Certain disclosures will be required to be made in the UCITS annual report in relation to fixed and variable remuneration paid by the management company or the self-managed UCITS to its staff. 

In addition, the key investor information shall include a statement that the details of the up-to-date remuneration policy are available by means of a website (including a reference to that website) and that a paper copy will be made available free of charge upon request. 

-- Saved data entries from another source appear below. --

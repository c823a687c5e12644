-- ===== src/Dashboard/Timeline.antt =====
-- crates/dashboard/src/timeline.rs: a session's entries grouped into the segments that are shown.
-- `duration_ms` gives the milliseconds between two time stamps, where both can be read and do not fall;
-- `kind_label` is that of ui.rs.
pub mod Text
pub mod Rows
pub mod Finish
use Prim.Native.String.{◌++◌ as str_append}
use prospero.Prelude.{
  ℕ, zero, suc, ◌+◌, ◌==◌, Bool, true, false, not, Option, none, some, List, [], ◌∷◌, ◌++◌, String,
  str_eq, if◌then◌else◌, filter, length, is_empty,
}
use prospero.Model.{AgentStatus}
use prospero.Model.Event.{
  F64, FleetEvent, EventKind, stdout, thinking, agent_spawned, agent_discovered, agent_init,
  status_changed, output, tool_started, tool_finished, agent_finished, agent_gone,
  store_persist_failed, deadline_set, agent_timed_out, repo_health,
}
use prospero.Dashboard.Session.{Entry, event, gap, undecodable}

pub data ToolOutcome : Type 0 where
  running succeeded failed : ToolOutcome

pub record ToolCall (V : Type 0) : Type 0 where
  pub seq : ℕ
  pub id : String
  pub name : String
  pub input : V
  pub outcome : ToolOutcome
  pub duration_ms : Option ℕ
  pub result : Option String
  pub result_truncated : Bool

pub data ResultView : Type 0 where
  pending : ResultView
  unrecorded : ResultView
  text : (text : String) (truncated : Bool) → ResultView

pub data Segment (V : Type 0) : Type 0 where
  init : (model : String) (tools : List String) (session_id : String) → Segment V
  out : (text : String) → Segment V
  thought : (text : String) → Segment V
  tool : ToolCall V → Segment V
  status : (from to : AgentStatus) → Segment V
  finished : (outcome : String) (cost_usd : F64) (turns : ℕ) → Segment V
  skipped : (skipped : ℕ) → Segment V
  unreadable : (why : String) → Segment V
  other : (label : String) → Segment V

-- The segments so far, and the indices of those that are still open.
pub record Grouping (V : Type 0) : Type 0 where
  pub segs : List (Segment V)
  pub open_output : Option ℕ
  pub open_thinking : Option ℕ
  pub open_tools : List ℕ
  pub started_at : List (ℕ × String)

view_missing : ToolOutcome → ResultView
view_missing running = pending
view_missing _ = unrecorded

unfoldable pub first_open : List ℕ → Option ℕ
first_open [] = none
first_open (i ∷ rest) = some i

or_first : List ℕ → Option ℕ → Option ℕ
or_first opened (some i) = some i
or_first opened none = first_open opened

-- When the call of an index started.
start_of : ℕ → List (ℕ × String) → Option String
start_of i [] = none
start_of i ((j, ts) ∷ rest) = if j == i then some ts else start_of i rest

module _ {V : Type 0} where
  shown_result : ToolCall V → Option String → ResultView
  shown_result t (some s) = text s t.result_truncated
  shown_result t none = view_missing t.outcome

  unfoldable pub result_view : ToolCall V → ResultView
  unfolding view_missing shown_result
  result_view t = shown_result t t.result

  -- A write to the segment of an index; out of bounds it changes nothing.
  unfoldable pub modify : ℕ → (Segment V → Segment V) → List (Segment V) → List (Segment V)
  modify i f [] = []
  modify zero f (s ∷ rest) = f s ∷ rest
  modify (suc i) f (s ∷ rest) = s ∷ modify i f rest

  unfoldable pub seg_at : ℕ → List (Segment V) → Option (Segment V)
  seg_at i [] = none
  seg_at zero (s ∷ rest) = some s
  seg_at (suc i) (s ∷ rest) = seg_at i rest

  unfoldable pub say : String → Segment V → Segment V
  say chunk (out t) = out (str_append t chunk)
  say chunk s = s

  unfoldable pub think : String → Segment V → Segment V
  think chunk (thought t) = thought (str_append t chunk)
  think chunk s = s

  -- A segment that closes the open blocks.
  unfoldable pub place : Grouping V → Segment V → Grouping V
  place g s = record g { segs = g.segs ++ (s ∷ []); open_output = none; open_thinking = none }

  unfoldable pub place_output : Grouping V → String → Option ℕ → Grouping V
  place_output g chunk (some i) = record g {
    segs = modify i (say chunk) g.segs;
    open_thinking = none;
  }
  place_output g chunk none = record g {
    segs = g.segs ++ (out chunk ∷ []);
    open_output = some (length g.segs);
    open_thinking = none;
  }

  unfoldable pub place_thinking : Grouping V → String → Option ℕ → Grouping V
  place_thinking g chunk (some i) = record g {
    segs = modify i (think chunk) g.segs;
    open_output = none;
  }
  place_thinking g chunk none = record g {
    segs = g.segs ++ (thought chunk ∷ []);
    open_thinking = some (length g.segs);
    open_output = none;
  }

  unfoldable pub started : FleetEvent V → String → String → V → ToolCall V
  started e id name input = record {
    seq = e.seq;
    id = id;
    name = name;
    input = input;
    outcome = running;
    duration_ms = none;
    result = none;
    result_truncated = false;
  }

  unfoldable pub start_tool : Grouping V → FleetEvent V → String → String → V → Grouping V
  start_tool g e id name input =
      let at = length g.segs in
      record (place g (tool (started e id name input))) {
        open_tools = g.open_tools ++ (at ∷ []);
        started_at = (at, e.ts) ∷ g.started_at;
      }

  is_call : String → Option (Segment V) → Bool
  is_call id (some (tool t)) = str_eq t.id id
  is_call id _ = false

  unfoldable pub open_call : String → List (Segment V) → List ℕ → Option ℕ
  unfolding is_call
  open_call id segs [] = none
  open_call id segs (i ∷ rest) =
      if is_call id (seg_at i segs) then some i else open_call id segs rest

  -- The call that a finish belongs to: the open one of its id, or else the oldest.
  unfoldable pub call_of : String → List (Segment V) → List ℕ → Option ℕ
  unfolding or_first
  call_of id segs opened =
      if is_empty id then first_open opened else or_first opened (open_call id segs opened)

module _ {V : Type 0} (duration_ms : String → String → Option ℕ)
    (kind_label : EventKind V → String) where
  lasted : Option String → String → Option ℕ
  lasted none ts = none
  lasted (some start) ts = duration_ms start ts

  unfoldable pub complete : Bool → Option ℕ → Option String → Bool → Segment V → Segment V
  complete ok took result truncated (tool t) = tool (record t {
    outcome = if ok then succeeded else failed;
    duration_ms = took;
    result = result;
    result_truncated = truncated;
  })
  complete ok took result truncated s = s

  unfoldable pub finish_at :
      Grouping V → (ts : String) → Bool → Option String → Bool → Option ℕ → Grouping V
  unfolding lasted start_of
  finish_at g ts ok result truncated none = g
  finish_at g ts ok result truncated (some i) = record g {
    segs = modify i (complete ok (lasted (start_of i g.started_at) ts) result truncated) g.segs;
    open_tools = filter (λ (j : ℕ). not (j == i)) g.open_tools;
    started_at = filter (λ (e : ℕ × String). not (e.0 == i)) g.started_at;
  }

  unfoldable pub add_event : Grouping V → FleetEvent V → EventKind V → Grouping V
  add_event g e (output stdout chunk) = place_output g chunk g.open_output
  add_event g e (output thinking chunk) = place_thinking g chunk g.open_thinking
  add_event g e (agent_init model tools session_id) = place g (init model tools session_id)
  add_event g e (tool_started id name input) = start_tool g e id name input
  add_event g e (tool_finished id name ok result truncated) =
      finish_at g e.ts ok result truncated (call_of id g.segs g.open_tools)
  add_event g e (status_changed from to) = place g (status from to)
  add_event g e (agent_finished outcome cost_usd turns) = place g (finished outcome cost_usd turns)
  add_event g e agent_spawned = place g (other (kind_label agent_spawned))
  add_event g e agent_discovered = place g (other (kind_label agent_discovered))
  add_event g e agent_gone = place g (other (kind_label agent_gone))
  add_event g e (store_persist_failed lost_seq detail) =
      place g (other (kind_label (store_persist_failed lost_seq detail)))
  add_event g e (deadline_set deadline) = place g (other (kind_label (deadline_set deadline)))
  add_event g e (agent_timed_out deadline) = place g (other (kind_label (agent_timed_out deadline)))
  add_event g e (repo_health health) = place g (other (kind_label (repo_health health)))

  unfoldable pub add_entry : Grouping V → Entry V → Grouping V
  add_entry g (event e) = add_event g e e.kind
  add_entry g (gap n) = place g (skipped n)
  add_entry g (undecodable why) = place g (unreadable why)

  unfoldable pub group_from : Grouping V → List (Entry V) → Grouping V
  group_from g [] = g
  group_from g (entry ∷ rest) = group_from (add_entry g entry) rest

  unfoldable pub group : List (Entry V) → List (Segment V)
  group entries =
      (group_from
        (record {
          segs = [];
          open_output = none;
          open_thinking = none;
          open_tools = [];
          started_at = [];
        })
        entries).segs
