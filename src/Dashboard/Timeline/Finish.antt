-- ===== src/Dashboard/Timeline/Finish.antt =====
-- The call that a finish is given to.
use prospero.Prelude.{
  ℕ, zero, suc, ◌==◌, ◌≡◌, ◌≢◌, ap, ◌∙◌, Bool, false, not, Option, none, some, List, [], ◌∷◌,
  String, eq_iff, if◌then◌else◌, filter, arith, is_empty,
}
use prospero.Model.Event.{FleetEvent, EventKind, tool_finished}
use prospero.Dashboard.Timeline.{
  succeeded, failed, ToolCall, Segment, Grouping, tool, modify, complete, finish_at, call_of,
  add_event, seg_at, open_call, first_open,
}

closed_first :
    (i : ℕ) (later : List ℕ)
    → filter (λ (j : ℕ). not (j == i)) (i ∷ later) ≡ filter (λ (j : ℕ). not (j == i)) later
closed_first i later = ground arith

module _ {V : Type 0} where
  called_oldest :
      (id : String) (segs : List (Segment V)) (i : ℕ) (later : List ℕ)
      → is_empty id ≡ false
      → open_call id segs (i ∷ later) ≡ none
      → call_of id segs (i ∷ later) ≡ some i
  unfolding call_of first_open
  called_oldest id segs i later n no_call = rw (n, no_call)

  none_called :
      (id : String) (segs : List (Segment V)) (i : ℕ) (later : List ℕ) (t : ToolCall V)
      → open_call id segs (i ∷ later) ≡ none
      → seg_at i segs ≡ some (tool t)
      → t.id ≢ id
  unfolding open_call
  none_called id segs i later t no_call at same = ground (arith, eq_iff t.id id, at, no_call, same)

  seg_at-modify :
      (i : ℕ) (f : Segment V → Segment V) (segs : List (Segment V)) (s : Segment V)
      → seg_at i segs ≡ some s
      → seg_at i (modify i f segs) ≡ some (f s)
  unfolding seg_at modify
  seg_at-modify i f [] s at = ground arith
  seg_at-modify zero f (a ∷ rest) s at = ground arith
  seg_at-modify (suc i) f (a ∷ rest) s at = seg_at-modify i f rest s at

module _ {V : Type 0} (duration_ms : String → String → Option ℕ)
    (kind_label : EventKind V → String) where
  finish_at-ended :
      (g : Grouping V) (ts : String) (ok : Bool) (result : Option String) (truncated : Bool) (i : ℕ)
      (later : List ℕ) (t : ToolCall V)
      → g.open_tools ≡ i ∷ later
      → seg_at i g.segs ≡ some (tool t)
      → let g' = finish_at duration_ms kind_label g ts ok result truncated (some i) in
        ((took : Option ℕ) × (seg_at i g'.segs
            ≡ some (
                tool (record t {
                  outcome = if ok then succeeded else failed;
                  duration_ms = took;
                  result = result;
                  result_truncated = truncated;
                }))))
        × (g'.open_tools ≡ filter (λ (j : ℕ). not (j == i)) later)
  unfolding finish_at complete
  finish_at-ended g ts ok result truncated i later t o at = (
    (_, seg_at-modify i _ g.segs (tool t) at),
    ap (filter (λ (j : ℕ). not (j == i))) o ∙ closed_first i later,
  )

  -- A finish whose id no open call has is taken for the finish of the oldest open call, whose id is
  -- another: that call is shown as ended as the finish says, with its result, and is open no more.
  stray_finish :
      (g : Grouping V) (e : FleetEvent V) (id name : String) (ok : Bool) (result : Option String)
      (truncated : Bool) (i : ℕ) (later : List ℕ) (t : ToolCall V)
      → is_empty id ≡ false
      → g.open_tools ≡ i ∷ later
      → open_call id g.segs (i ∷ later) ≡ none
      → seg_at i g.segs ≡ some (tool t)
      → let g' = add_event duration_ms kind_label g e (tool_finished id name ok result truncated) in
        (t.id ≢ id)
        × ((took : Option ℕ) × (seg_at i g'.segs
              ≡ some (
                  tool (record t {
                    outcome = if ok then succeeded else failed;
                    duration_ms = took;
                    result = result;
                    result_truncated = truncated;
                  }))))
        × (g'.open_tools ≡ filter (λ (j : ℕ). not (j == i)) later)
  unfolding add_event
  stray_finish g e id name ok result truncated i later t n o no_call at =
      let called : call_of id g.segs g.open_tools ≡ some i =
        ap (call_of id g.segs) o ∙ called_oldest id g.segs i later n no_call in
      let ended = finish_at-ended g e.ts ok result truncated i later t o at in
      (none_called id g.segs i later t no_call at, rw called ended.0, rw called ended.1)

ESMA shall draw up guidelines to support its remuneration requirements and UCITS V stipulates that such guidelines should, where appropriate, "be aligned, to the extent possible" with the ESMA AIFMD remuneration guidelines. 

2.3 Sanctions 

UCITS V also imposes common standards for the administrative sanctions which should be published (save in certain specific circumstances) and reported to ESMA with maximum penalties of €5 million (or 10% of annual turnover) for a company or €5 million for individuals. UCITS V sets out a detailed list of breaches of the UCITS Directive which will trigger sanctions including non-compliance with provisions relating, inter alia, to (i) authorisation of UCITS or their management company, (ii) delegation, (iii) rules of conduct, and (iv) rules on investment policies, etc. If Member States already have criminal sanctions in place for the same breaches they may not apply these administrative sanctions under certain conditions. 

2.4 Implementation and transitional provisions 

In terms of timing, UCITS V is expected to be published in the Official Journal of the EU shortly, following Council approval, and it will come into force 20 days thereafter. Member States will then have a period of 18 months to introduce implementing legislation. However, UCITS which have not appointed a depositary in line with the eligibility criteria set forth by UCITS V will have a grandfathering period of 42 months to ensure compliance with UCITS V.